SOURCE INFORMATION: Begin
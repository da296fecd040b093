-- ===== src/Clock.antt =====
-- src/util/clock.hpp: the stopwatch and the formats of the clock. The instants of the high-resolution clock, in
-- nanoseconds, do not go back; they are arguments, and so are the calendar fields of an instant and the test of
-- <chrono> whether a date exists.
use castle_plus.Prelude.{
  ℕ, zero, suc, ◌+◌, ◌-◌, ◌*◌, ◌/◌, ◌%◌, ◌^◌, Bool, true, false, List, [], ◌∷◌, ◌++◌, Bytes, codes,
  ltb, leb, ◌&&◌, ◌==◌, if◌then◌else◌, length, take, cat, replicate, get_elem?, Option, none, some,
}
use castle_plus.Prelude.Decimal.{decimal}
pub mod Stopwatch
mod Tests

-- `calendarParts`.
pub record CalendarParts : Type 0 where
  pub year : ℕ
  pub month : ℕ
  pub day : ℕ
  pub hour : ℕ
  pub minute : ℕ
  pub second : ℕ

pub data TimeFormat : Type 0 where
  hour12 hour24 : TimeFormat

-- `%0wu`: zeros up to a width.
unfoldable pub zero_padded : ℕ → ℕ → Bytes
unfolding replicate decimal
zero_padded width n = let digits = decimal n in replicate (width - length digits) b'0' ++ digits

-- The hour on the face of 12 hours.
unfoldable pub face_hour : ℕ → ℕ
face_hour hour = let h = hour % 12 in if h == 0 then 12 else h

abbrev pub clock_face : ℕ → ℕ → ℕ → Bytes
clock_face hour minute second =
    cat (
      zero_padded 2 hour ∷ codes ":" ∷ zero_padded 2 minute ∷ codes ":" ∷ zero_padded 2 second ∷ [])

-- `formatClock`, in `char buildTime[16]`.
unfoldable pub format_clock : CalendarParts → TimeFormat → Bytes
unfolding zero_padded face_hour
format_clock p hour24 = take 15 (clock_face p.hour p.minute p.second)
format_clock p hour12 = take 15 (
    clock_face (face_hour p.hour) p.minute p.second
    ++ (if ltb p.hour 12 then codes " AM" else codes " PM"))

abbrev pub month_names : List Bytes
month_names =
    codes "January"
    ∷ codes "February"
    ∷ codes "March"
    ∷ codes "April"
    ∷ codes "May"
    ∷ codes "June"
    ∷ codes "July"
    ∷ codes "August"
    ∷ codes "September"
    ∷ codes "October"
    ∷ codes "November"
    ∷ codes "December"
    ∷ []

abbrev pub name_or_unknown : Option Bytes → Bytes
name_or_unknown none = codes "Unknown"
name_or_unknown (some name) = name

-- `exists` is `year_month_day::ok`.
module _ (exists : CalendarParts → Bool) where
  unfoldable pub month_integral : CalendarParts → ℕ
  month_integral p = if exists p then p.month % 256 else 0

  unfoldable pub day_integral : CalendarParts → ℕ
  day_integral p = if exists p then p.day % 256 else 0

  -- `monthString`.
  unfoldable pub month_string : CalendarParts → Bytes
  unfolding month_integral
  month_string p =
      let month = month_integral p in
      if ltb month 1 then codes "Unknown" else name_or_unknown (get_elem? month_names (month - 1))

-- `yearIntegral` and `yearString`.
unfoldable pub year_integral : CalendarParts → ℕ
year_integral p = p.year % 2 ^ 16

unfoldable pub year_string : CalendarParts → Bytes
unfolding year_integral decimal
year_string p = decimal (year_integral p)

-- `dateString`, in `char buildDate[16]`.
unfoldable pub date_string : (CalendarParts → Bool) → CalendarParts → Bytes
unfolding zero_padded year_integral month_integral day_integral
date_string exists p = take 15 (
    cat (
      zero_padded 4 (year_integral p)
      ∷ codes "-"
      ∷ zero_padded 2 (month_integral exists p)
      ∷ codes "-"
      ∷ zero_padded 2 (day_integral exists p)
      ∷ []))

pub record Clock : Type 0 where
  pub start_time : ℕ
  pub end_time : ℕ
  pub running : Bool

abbrev pub new_clock : ℕ → Clock
new_clock now = record { start_time = now; end_time = now; running = false }

unfoldable pub start : ℕ → Clock → Clock
start now c = record { start_time = now; end_time = now; running = true }

unfoldable pub stop : ℕ → Clock → Clock
stop now c = record c { end_time = now; running = false }

unfoldable pub reset : ℕ → Clock → Clock
reset now c = record { start_time = now; end_time = now; running = false }

-- `elapsed`, in nanoseconds.
unfoldable pub elapsed : ℕ → Clock → ℕ
elapsed now c = (if c.running then now else c.end_time) - c.start_time

-- A span as hours, minutes, seconds and nanoseconds.
pub record Split : Type 0 where
  pub hours : ℕ
  pub minutes : ℕ
  pub seconds : ℕ
  pub nanos : ℕ

abbrev pub second : ℕ
second = 10 ^ 9

unfoldable pub split : ℕ → Split
split total =
    let hours = total / (3_600 * second) in
    let minutes = (total - hours * (3_600 * second)) / (60 * second) in
    let seconds = (total - hours * (3_600 * second) - minutes * (60 * second)) / second in
    record {
      hours = hours;
      minutes = minutes;
      seconds = seconds;
      nanos = total - hours * (3_600 * second) - minutes * (60 * second) - seconds * second;
    }

-- `highResolutionPeekTime`, in `char buildTime[32]`.
unfoldable pub high_resolution_peek_time : ℕ → Clock → Bytes
unfolding elapsed split zero_padded
high_resolution_peek_time now c =
    let s = split (elapsed now c) in
    take 31 (cat (clock_face s.hours s.minutes s.seconds ∷ codes "." ∷ zero_padded 9 s.nanos ∷ []))

unfoldable pub time_passed_in_milliseconds : ℕ → Clock → ℕ
unfolding elapsed
time_passed_in_milliseconds now c = elapsed now c / 10 ^ 6

unfoldable pub time_passed_in_nanoseconds : ℕ → Clock → ℕ
unfolding elapsed
time_passed_in_nanoseconds now c = elapsed now c
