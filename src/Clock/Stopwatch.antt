-- ===== src/Clock/Stopwatch.antt =====
-- What the stopwatch shows.
use castle_plus.Prelude.{ℕ, ◌+◌, ◌*◌, ◌%◌, ◌^◌, ◌≤◌, ◌<◌, ◌≡◌, Bool, ltb, if◌then◌else◌, arith}
use castle_plus.Clock.{face_hour, Split, split}

-- The parts of a span are in their ranges and make up the span.
pub record IsSplit (total : ℕ) (s : Split) : Type 0 where
  pub minutes_in_range : s.minutes < 60
  pub seconds_in_range : s.seconds < 60
  pub nanos_in_range : s.nanos < 10 ^ 9
  pub whole : ((s.hours * 60 + s.minutes) * 60 + s.seconds) * 10 ^ 9 + s.nanos ≡ total

split-IsSplit : (total : ℕ) → IsSplit total (split total)
unfolding split
split-IsSplit total = record {
  minutes_in_range = omega arith;
  seconds_in_range = omega arith;
  nanos_in_range = omega arith;
  whole = omega arith;
}

-- The hour of a day, of its face and of AM or PM.
abbrev pub read_hour : ℕ → Bool → ℕ
read_hour face morning = if morning then face % 12 else face % 12 + 12

-- The face of 12 hours shows 1 to 12, and with AM or PM it tells the hours of a day apart.
face_hour-read :
    (hour : ℕ)
    → hour < 24
    → (1 ≤ face_hour hour)
      × (face_hour hour ≤ 12)
      × (read_hour (face_hour hour) (ltb hour 12) ≡ hour)
unfolding face_hour
face_hour-read hour h = (ground arith, ground arith, ground arith)
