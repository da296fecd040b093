-- ===== src/Clock/Tests.antt =====
-- A stopwatch, an afternoon and a date.
use castle_plus.Prelude.{◌+◌, ◌*◌, ◌^◌, ◌≡◌, refl, true, codes, replicate}
use castle_plus.Prelude.Decimal.{decimal}
use castle_plus.Clock.{
  CalendarParts, hour12, face_hour, format_clock, zero_padded, date_string, year_integral,
  month_integral, day_integral, new_clock, start, stop, elapsed, split, high_resolution_peek_time,
}

abbrev afternoon : CalendarParts
afternoon = record { year = 2026; month = 3; day = 4; hour = 15; minute = 6; second = 7 }

format_clock-afternoon : format_clock afternoon hour12 ≡ codes "03:06:07 PM"
unfolding format_clock zero_padded face_hour replicate decimal
format_clock-afternoon = refl

date_string-afternoon : date_string (λ p. true) afternoon ≡ codes "2026-03-04"
unfolding date_string zero_padded year_integral month_integral day_integral replicate decimal
date_string-afternoon = refl

high_resolution_peek_time-stopped :
    high_resolution_peek_time 99 (stop (3_661 * 10 ^ 9 + 12) (start 7 (new_clock 0)))
    ≡ codes "01:01:01.000000005"
unfolding high_resolution_peek_time elapsed split start stop zero_padded replicate decimal
high_resolution_peek_time-stopped = refl
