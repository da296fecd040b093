-- ===== src/CommandLine.antt =====
-- src/main.cpp: `parse_args`.
use castle_plus.Prelude.{
  ℕ, ◌-◌, ◌*◌, ◌%◌, ◌^◌, Bool, ◌&&◌, List, [], ◌∷◌, Option, none, some, Bytes, codes, ltb, leb,
  equal, if◌then◌else◌,
}
use castle_plus.Prelude.Decimal.{strtol}
use castle_plus.Prelude.Int.{ℤ, pos, negsuc, to_int}
pub mod Print
mod Tests

pub record Options : Type 0 where
  pub port : ℕ
  pub bind_addr : Bytes
  pub threads : ℕ
  pub control_path : Bytes
  pub services_path : Bytes
  pub routes_path : Bytes
  pub timeout_sec : ℤ
  pub tls_cert : Bytes
  pub tls_key : Bytes
  pub max_body : ℕ
  pub log_file : Bytes
  pub max_conn : ℕ
  pub rate : ℕ
  pub rate_burst : ℕ
  pub net_check_sec : ℤ

abbrev pub defaults : Options
defaults = record {
  port = 8080;
  bind_addr = [];
  threads = 0;
  control_path = codes "/tmp/castle.sock";
  services_path = [];
  routes_path = [];
  timeout_sec = pos 30;
  tls_cert = [];
  tls_key = [];
  max_body = 1024 * 1024 * 1024;
  log_file = [];
  max_conn = 0;
  rate = 0;
  rate_burst = 0;
  net_check_sec = pos 30;
}

-- The tests on `val`: a value in range goes to `set`, and any other is an invalid argument.
unfoldable pub set_from : ℕ → ℕ → (ℕ → Options) → ℤ → Option Options
set_from low high set (pos n) = if leb low n && leb n high then some (set n) else none
set_from low high set (negsuc n) = none

abbrev pub long_max : ℕ
long_max = 2 ^ 63 - 1

-- An option with its value, `arg` and `argv[++i]`.
unfoldable pub set_option : Bytes → Bytes → Options → Option Options
unfolding set_from equal
set_option arg value o =
    let val = strtol value in
    if equal arg (codes "--port")
    then set_from 1 65535 (λ n. record o { port = n }) val
    else if equal arg (codes "--bind")
    then some (record o { bind_addr = value })
    else if equal arg (codes "--threads")
    then set_from 0 long_max (λ n. record o { threads = n % 2 ^ 32 }) val
    else if equal arg (codes "--control")
    then some (record o { control_path = value })
    else if equal arg (codes "--services")
    then some (record o { services_path = value })
    else if equal arg (codes "--routes")
    then some (record o { routes_path = value })
    else if equal arg (codes "--timeout")
    then set_from 0 long_max (λ n. record o { timeout_sec = to_int (pos n) }) val
    else if equal arg (codes "--max-body")
    then set_from 0 long_max (λ n. record o { max_body = n }) val
    else if equal arg (codes "--log-file")
    then some (record o { log_file = value })
    else if equal arg (codes "--max-conn")
    then set_from 0 long_max (λ n. record o { max_conn = n }) val
    else if equal arg (codes "--rate")
    then set_from 0 long_max (λ n. record o { rate = n }) val
    else if equal arg (codes "--rate-burst")
    then set_from 0 long_max (λ n. record o { rate_burst = n }) val
    else if equal arg (codes "--net-check")
    then set_from 0 long_max (λ n. record o { net_check_sec = to_int (pos n) }) val
    else if equal arg (codes "--tls-cert")
    then some (record o { tls_cert = value })
    else if equal arg (codes "--tls-key")
    then some (record o { tls_key = value })
    else none

-- `parse_args` over the arguments behind the program's name; `none` is `false`, whatever has been set until
-- then. Every option takes a value, and `--help` ends with `false` too.
unfoldable pub parse_args : List Bytes → Options → Option Options
unfolding set_option
parse_args [] o = some o
parse_args (arg ∷ []) o = none
parse_args (arg ∷ value ∷ rest) o = elim (set_option arg value o) [
  | none ↦ none
  | some p ↦ parse_args rest p
]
SOURCE INFORMATION: End
| WHAT THE TASK ASKS |
What is wanted is every line from the first line of the entries through the line that contains "unfoldable pub face_hour : ℕ → ℕ", given again exactly.

| RESULT OF THE TASK |
repository da296fecd040b093
-- ===== src/Clock.antt =====
-- src/util/clock.hpp: the stopwatch and the formats of the clock. The instants of the high-resolution clock, in
-- nanoseconds, do not go back; they are arguments, and so are the calendar fields of an instant and the test of
-- <chrono> whether a date exists.
use castle_plus.Prelude.{
  ℕ, zero, suc, ◌+◌, ◌-◌, ◌*◌, ◌/◌, ◌%◌, ◌^◌, Bool, true, false, List, [], ◌∷◌, ◌++◌, Bytes, codes,
  ltb, leb, ◌&&◌, ◌==◌, if◌then◌else◌, length, take, cat, replicate, get_elem?, Option, none, some,
}
use castle_plus.Prelude.Decimal.{decimal}
pub mod Stopwatch
mod Tests

-- `calendarParts`.
pub record CalendarParts : Type 0 where
  pub year : ℕ
  pub month : ℕ
  pub day : ℕ
  pub hour : ℕ
  pub minute : ℕ
  pub second : ℕ

pub data TimeFormat : Type 0 where
  hour12 hour24 : TimeFormat

-- `%0wu`: zeros up to a width.
unfoldable pub zero_padded : ℕ → ℕ → Bytes
unfolding replicate decimal
zero_padded width n = let digits = decimal n in replicate (width - length digits) b'0' ++ digits

-- The hour on the face of 12 hours.
unfoldable pub face_hour : ℕ → ℕ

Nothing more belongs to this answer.